Crush
On You
Lagi,
lagi, dan lagi perasaan itu muncul. Perasaan yang disenangi banyak orang tetapi
terselip luka di dalamnya. Teringat 2 tahun aku pernah menyukai sesorang
lelaki, aku bertemu dengannya saat masuk kuliah. Mungkin ini yang disebut cinta
pada pandangan pertama, tak ada yang kulihat selain dirinya hari itu. Sulit bagiku
untuk mengetahui siapa namanya, di mana dia tinggal semua itu harus aku cari
dengan suah payah selama berbulan-bulan. Yang aku harapkan pada saat itu
hanyalah bertemu dengannya, selalu aku berdoa untuk bertemu dengannya tanpa aku
ketahui namanya.
Sampai
pada akhirnya aku mengetahui namanya, begitu senangnya aku hanya dengan tahu
namanya saja aku sudah sebahagia ini. Perasaan apa ini, tak pernah aku merasa
seperti ini seakan ingin berteriak karena sesuatu hal yang konyol. Tapi kebahagiaanku
hanya bertahan beberapa menit, seorang temanku yang memberi informasi namanya
mengatakan jika dia sudah memiliki pacar. Bisakah kalian rasakan? Teramat sakit
mendengarnya karena aku juga mengenal siapa pacarnya itu.

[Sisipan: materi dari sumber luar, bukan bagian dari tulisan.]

-- ===== src/Future/Install/Attached.antt =====
-- include/future/future.hpp: a chain of Then and Try whose promise is called at any time.
use rpcxx.Prelude.{
  ℕ, suc, ◌≤◌, ◌<◌, ◌≡◌, refl, ap, ◌∙◌, Bool, false, Option, none, some, List, [], ◌∷◌, ◌++◌,
  get_elem?, get_elem?_below, get_elem?-append, length, append-nil, append_assoc, arith,
}
use rpcxx.Json.Access.{Result, ok, ◌>>=◌}
use rpcxx.Future.Cell.{Cell, Notify, fresh, publish}
use rpcxx.Future.Chain.{Returned, returned_future, World, put, fulfil_at, continue_chain}
use rpcxx.Future.Chain.Ends.{weight, continue_chain-ends}
use rpcxx.Future.Install.{
  drive_all, world_or, install, then_or_try, call_promise, new_data, find_cell,
}
use rpcxx.Future.Install.Linked.{
  cell_of, Has, Has-put, Stage, notify_of, Linked, at_end, Linked-fulfil, continue_chain-pending,
}
use rpcxx.Future.Install.Delivered.{results, after, IsReady, IsReady-put, IsReady-fulfil}
use rpcxx.Future.Install.Grown.{Has-new, Linked-one, Linked-last, Linked-then, Linked-bound}
use rpcxx.Future.Install.Results.{run_linked}

module _ {ℓ} {A : Type ℓ} (call : ℕ → Result A → Returned A) (last_throws : ℕ → Result A → Bool)
    (base : ℕ) (futures : ℕ → Result A) where
  abbrev Ready : World A → Type ℓ
  Ready w = IsReady call last_throws base futures w

  Ready-new : (c : Cell A) (w : World A) → Ready w → Ready (new_data c w)
  unfolding IsReady
  Ready-new c w h p lt = let (ch, had) = h p lt in (ch, Has-new p c w had)

  -- The loop gives the world that `drive_all` is.
  drive_all-continue :
      (d : ℕ) (w : World A)
      → continue_chain call last_throws (suc (weight w)) (some d) w
        ≡ some (drive_all call last_throws (some d) w)
  unfolding drive_all world_or
  drive_all-continue d w =
      let (v, k, less) =
        continue_chain-ends call last_throws (suc (weight w)) (some d) w (omega arith) in
      rw k refl

  drive_all-pending :
      {n : Option Notify} {ch : Option ℕ} (d : ℕ) (w : World A)
      → Has d none n ch w
      → drive_all call last_throws (some d) w ≡ w
  unfolding drive_all world_or
  drive_all-pending d w h = rw (continue_chain-pending call last_throws (weight w) w h) refl

  install-Has :
      {o : Option (Result A)} {t : Bool} {p : ℕ} (last : ℕ) (w : World A) (n : Notify)
      (ch : Option ℕ)
      → get_elem? w.cells last ≡ some (cell_of o none none t p)
      → install call last_throws false n ch last w
        ≡ ok (drive_all call last_throws (some last) (put last (cell_of o (some n) ch t p) w))
  unfolding install find_cell publish
  install-Has last w n ch h = rw (h, find_cell, publish) refl

  -- The world in which state `last` has a continuation that leads to a new state.
  abbrev grown :
      {o : Option (Result A)}
      → (last : ℕ) → Stage
      → (w : World A) → Has last o none none w
      → World A
  grown {o = o} last s w h =
      put last (cell_of o (some (notify_of s)) (some (length w.cells)) h.taken h.owners)
        (new_data fresh w)

  -- Then and Try at a state without a continuation: the state is linked to a new one, and driven.
  then_or_try-Has :
      {o : Option (Result A)} (last : ℕ) (w : World A) (s : Stage) (h : Has last o none none w)
      → then_or_try call last_throws false (notify_of s) last w
        ≡ ok (length w.cells, drive_all call last_throws (some last) (grown last s w h))
  unfolding then_or_try new_data
  then_or_try-Has last w s h =
      rw
        (install-Has last (new_data fresh w) (notify_of s) (some (length w.cells))
          (get_elem?-append w.cells (fresh ∷ []) last _ h.found))
        refl

  Ready-grown :
      {o : Option (Result A)} (last : ℕ) (w : World A) (s : Stage) (h : Has last o none none w)
      → base ≤ last
      → Ready w
      → Ready (grown last s w h)
  Ready-grown last w s h le ready =
      IsReady-put call last_throws base futures (new_data fresh w) last _ le
        (Ready-new fresh w ready)

  -- `chain` of these calls, each on the future that the one before gave.
  unfoldable pub then_all : List Stage → ℕ → World A → Result (ℕ × World A)
  unfolding then_or_try
  then_all [] d w = ok (d, w)
  then_all (s ∷ ss) d w =
      then_or_try call last_throws false (notify_of s) d w >>= λ x. then_all ss x.0 x.1

  pub record Waits (d : ℕ) (ss : List Stage) (n : ℕ) (v : World A) : Type ℓ where
    pub wait_linked : Linked n v none ss d
    pub wait_ready : Ready v

  pub record Settles (r : Result A) (n : ℕ) (v : World A) : Type ℓ where
    pub settled : Has n (some r) none none v
    pub settled_ready : Ready v
    pub settled_base : base ≤ n

  then_or_try-Waits :
      (d last : ℕ) (s : Stage) (ss : List Stage) (w : World A)
      → base ≤ d
      → Waits d ss last w
      → (n : ℕ) × (v : World A) × (then_or_try call last_throws false (notify_of s) last w
          ≡ ok (n, v))
        × Waits d (ss ++ s ∷ []) n v
  then_or_try-Waits d last s ss w le h =
      let had = Linked-last w h.wait_linked in
      let stays =
        drive_all-pending last (grown last s w had) (
          Has-put last had.taken had.owners (new_data fresh w) _
            (Has-new last fresh w had).found) in
      (
        length w.cells,
        grown last s w had,
        then_or_try-Has last w s had ∙ ap (λ x. ok (length w.cells, x)) stays,
        record {
          wait_linked = Linked-then w s had h.wait_linked;
          wait_ready =
              Ready-grown last w s had (omega (arith, Linked-bound w h.wait_linked)) h.wait_ready;
        },
      )

  then_or_try-Settles :
      (last : ℕ) (s : Stage) (r : Result A) (w : World A)
      → ((f : ℕ) (q : Result A) (p : ℕ) → call f q ≡ returned_future p → p < base)
      → Settles r last w
      → (n : ℕ) × (v : World A) × (then_or_try call last_throws false (notify_of s) last w
          ≡ ok (n, v))
        × Settles (after call last_throws base futures s r) n v
  unfolding results
  then_or_try-Settles last s r w below h =
      let w1 = grown last s w h.settled in
      let v = drive_all call last_throws (some last) w1 in
      let out =
        run_linked call last_throws base futures below (suc (weight w1)) r (s ∷ []) w1 v
          h.settled_base (Ready-grown last w s h.settled h.settled_base h.settled_ready)
          (Linked-one last w s h.settled) (drive_all-continue last w1) in
      (
        length w.cells,
        v,
        then_or_try-Has last w s h.settled,
        record {
          settled = out.final;
          settled_ready = out.ready;
          settled_base =
              omega (arith, h.settled_base, get_elem?_below w.cells last _ h.settled.found);
        },
      )

  then_all-Waits :
      (d last : ℕ) (post ss : List Stage) (w : World A)
      → base ≤ d
      → Waits d ss last w
      → (n : ℕ) × (v : World A) × (then_all post last w ≡ ok (n, v)) × Waits d (ss ++ post) n v
  unfolding then_all
  then_all-Waits d last [] ss w le h = (last, w, refl, rw (append-nil ss) h)
  then_all-Waits d last (s ∷ post) ss w le h =
      let (n, v, e, k) = then_or_try-Waits d last s ss w le h in
      let (m, u, f, l) = then_all-Waits d n post (ss ++ s ∷ []) v le k in
      (m, u, rw e f, rw⁻¹ (append_assoc ss (s ∷ []) post) l)

  then_all-Settles :
      (last : ℕ) (post : List Stage) (r : Result A) (w : World A)
      → ((f : ℕ) (q : Result A) (p : ℕ) → call f q ≡ returned_future p → p < base)
      → Settles r last w
      → (n : ℕ) × (v : World A) × (then_all post last w ≡ ok (n, v))
        × Settles (results call last_throws base futures post r) n v
  unfolding then_all results
  then_all-Settles last [] r w below h = (last, w, refl, h)
  then_all-Settles last (s ∷ post) r w below h =
      let (n, v, e, k) = then_or_try-Settles last s r w below h in
      let (m, u, f, l) =
        then_all-Settles n post (after call last_throws base futures s r) v below k in
      (m, u, rw e f, l)

  -- Calling the promise drives what waits.
  call_promise-Settles :
      (d n : ℕ) (ss : List Stage) (r : Result A) (w : World A)
      → ((f : ℕ) (q : Result A) (p : ℕ) → call f q ≡ returned_future p → p < base)
      → base ≤ d
      → Waits d ss n w
      → Settles
          (results call last_throws base futures ss r)
          n
          (call_promise call last_throws d r w).1
  unfolding call_promise
  call_promise-Settles d n ss r w below le h =
      let w1 = (fulfil_at d r w).1 in
      let out =
        run_linked call last_throws base futures below (suc (weight w1)) r ss w1
          (drive_all call last_throws (some d) w1) le
          (IsReady-fulfil call last_throws base futures w d r le h.wait_ready)
          (Linked-fulfil r w h.wait_linked) (drive_all-continue d w1) in
      record {
        settled = out.final;
        settled_ready = out.ready;
        settled_base = omega (arith, le, Linked-bound w h.wait_linked);
      }

  results-append :
      (pre post : List Stage) (r : Result A)
      → results call last_throws base futures (pre ++ post) r
        ≡ results call last_throws base futures post (results call last_throws base futures pre r)
  unfolding results
  results-append [] post r = refl
  results-append (s ∷ pre) post r =
      results-append pre post (after call last_throws base futures s r)

  -- `pre` is attached, then the promise is called, then `post` is attached.
  unfoldable pub attach : List Stage → List Stage → Result A → ℕ → World A → Result (ℕ × World A)
  unfolding then_all call_promise
  attach pre post r d w =
      then_all pre d w >>= λ x. then_all post x.0 (call_promise call last_throws d r x.1).1

  -- A chain of Then and Try without executors, on a state that waits, gives the same whenever its
  -- promise is called, before, between or after the calls that attach the chain: nothing throws,
  -- and the last future has the result that the functions give one after another (Then passes an
  -- exception by), where a future that a function returns counts as its result. Condition: these
  -- are states below `base` that have their results, and those of the chain are not below it.
  pub attach-results :
      (pre post : List Stage) (r : Result A) (d : ℕ) (w : World A)
      → ((f : ℕ) (q : Result A) (p : ℕ) → call f q ≡ returned_future p → p < base)
      → base ≤ d
      → Has d none none none w
      → Ready w
      → (n : ℕ) × (v : World A) × (attach pre post r d w ≡ ok (n, v))
        × Has n (some (results call last_throws base futures (pre ++ post) r)) none none v
  unfolding attach
  attach-results pre post r d w below le h ready =
      let start : Waits d [] d w = record { wait_linked = at_end h; wait_ready = ready } in
      let (n, v, e, k) = then_all-Waits d d pre [] w le start in
      let called = call_promise-Settles d n pre r v below le k in
      let (m, u, f, l) = then_all-Settles n post _ _ below called in
      rw (e, results-append pre post r) (m, u, f, l.settled)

Hingga aku merenung
harus aku apakan perasaan ini, sudah terlalu dalam aku menyimpan rasa untuknya,
haruskah aku membuang perasaan ini atau meneruskan perjuanganku untuk bisa
dekat dengannya.
Dia
aku kira jauh untuk dijangkau ternyata sangat dekat, banyak temanku yang satu
kelas dengannya. Yang aku punya darinya hanyalah nomer ponselnya, bingung harus
aku apakan. Mungkin seorang wanita akan berfikir gengsi untuk memulai, tapi apa
itu juga yang harus aku lakukan? Apa yang aku dapat jika gengsi itu aku tanam? Susah
payah aku tahu siapa dia tapi aku hanya diam saja saat aku punya nomer
ponselnya? Oh no, mungkin aku juga
gila jika aku mengirimnya pesan dan mengajaknya berkenalan.
Ntah
apa yang aku fikirkan sampai aku benar-benar gila dan mengirimnya sms. Apa aku
sudah terlalu dalam jatuhkan hatiku padanya? My God, tak sadar apa yang aku lakukan akan menyakiti hatiku
senidri, kesalahan ku sendiri yang melukis luka di hatiku. Awalnya mungkin sama
dengan orang pada umunya jutek dan cuek, tetapi aku gunakan kelihaianku dalam
merangkai kata yang membuatnya nyaman denganku, sampai dia cerikan pacarnya itu
padaku. Apa ini resiko yang ku ambil? Terluka di atas bahagianya oarang yang
aku sukai. Yang kufikir saat itu adalah membuatnya nyaman dengan ku, sampai
pada waktu pertengahan malam aku mendapati dia mengirim pesan “Ki bangun, ayo shalat”. Mataku yang
langsung membelalakan, dia menambah kadar sukaku ini. Padahal belum lama aku
berkomunikasi dengannya. Dan pagi itu juga pukul 5 pagi ada satu pesan lagi,
aku ambil ponselku dan melihat namanya. Terlintas di benakku, apa ini? Kenapa seperti
ini? Perasaan senang yang bertubi-tubi? Aku harus senang atau sedih?. Dia yang
baru mengenalku, bahkan aku fikir aku adalah orang asing dalam hidupnya
memberitahu jika ia telah putus dengan pacarnya. Semudah ini aku dekati dia
dengan perjuanganku sebelumnya untuk mendekatinya?, tapi aku tak berfikir sejauh
itu aku hanya menikmati apa yang aku rasakan pada saat itu.
Namanya
aku sebut dalam setiap baris doaku. Tak mudah aku jatuhkan hati ini padanya,
karena aku sadar dan tahu bagaimana akhir cerita ini. Selalu aku berharap agar
dapat dekat dengannya, bercerita layaknya seorang yang sedang PDKT. Aku terus
menjaga sikap ucapanku agar dia selalu nyaman bersamaku, mungkin itu yang
sering dilakukan banyak orang ketika dia memutuskan untuk jatuhkan hatinya
kepada seseorang. Terkadang kita pun harus menjadi orang lain agar seseorang
juga menjatuhkan hatinya untuk kita. Aku menyukai, sangat menyukainya sampai
apapun yang aku lihat dari dirinya aku menyukainya. Perasaan yang begitu lama
aku tanam, aku pun tak tahu apa yang aku lakukan. Menyakiti atau meyakinkan???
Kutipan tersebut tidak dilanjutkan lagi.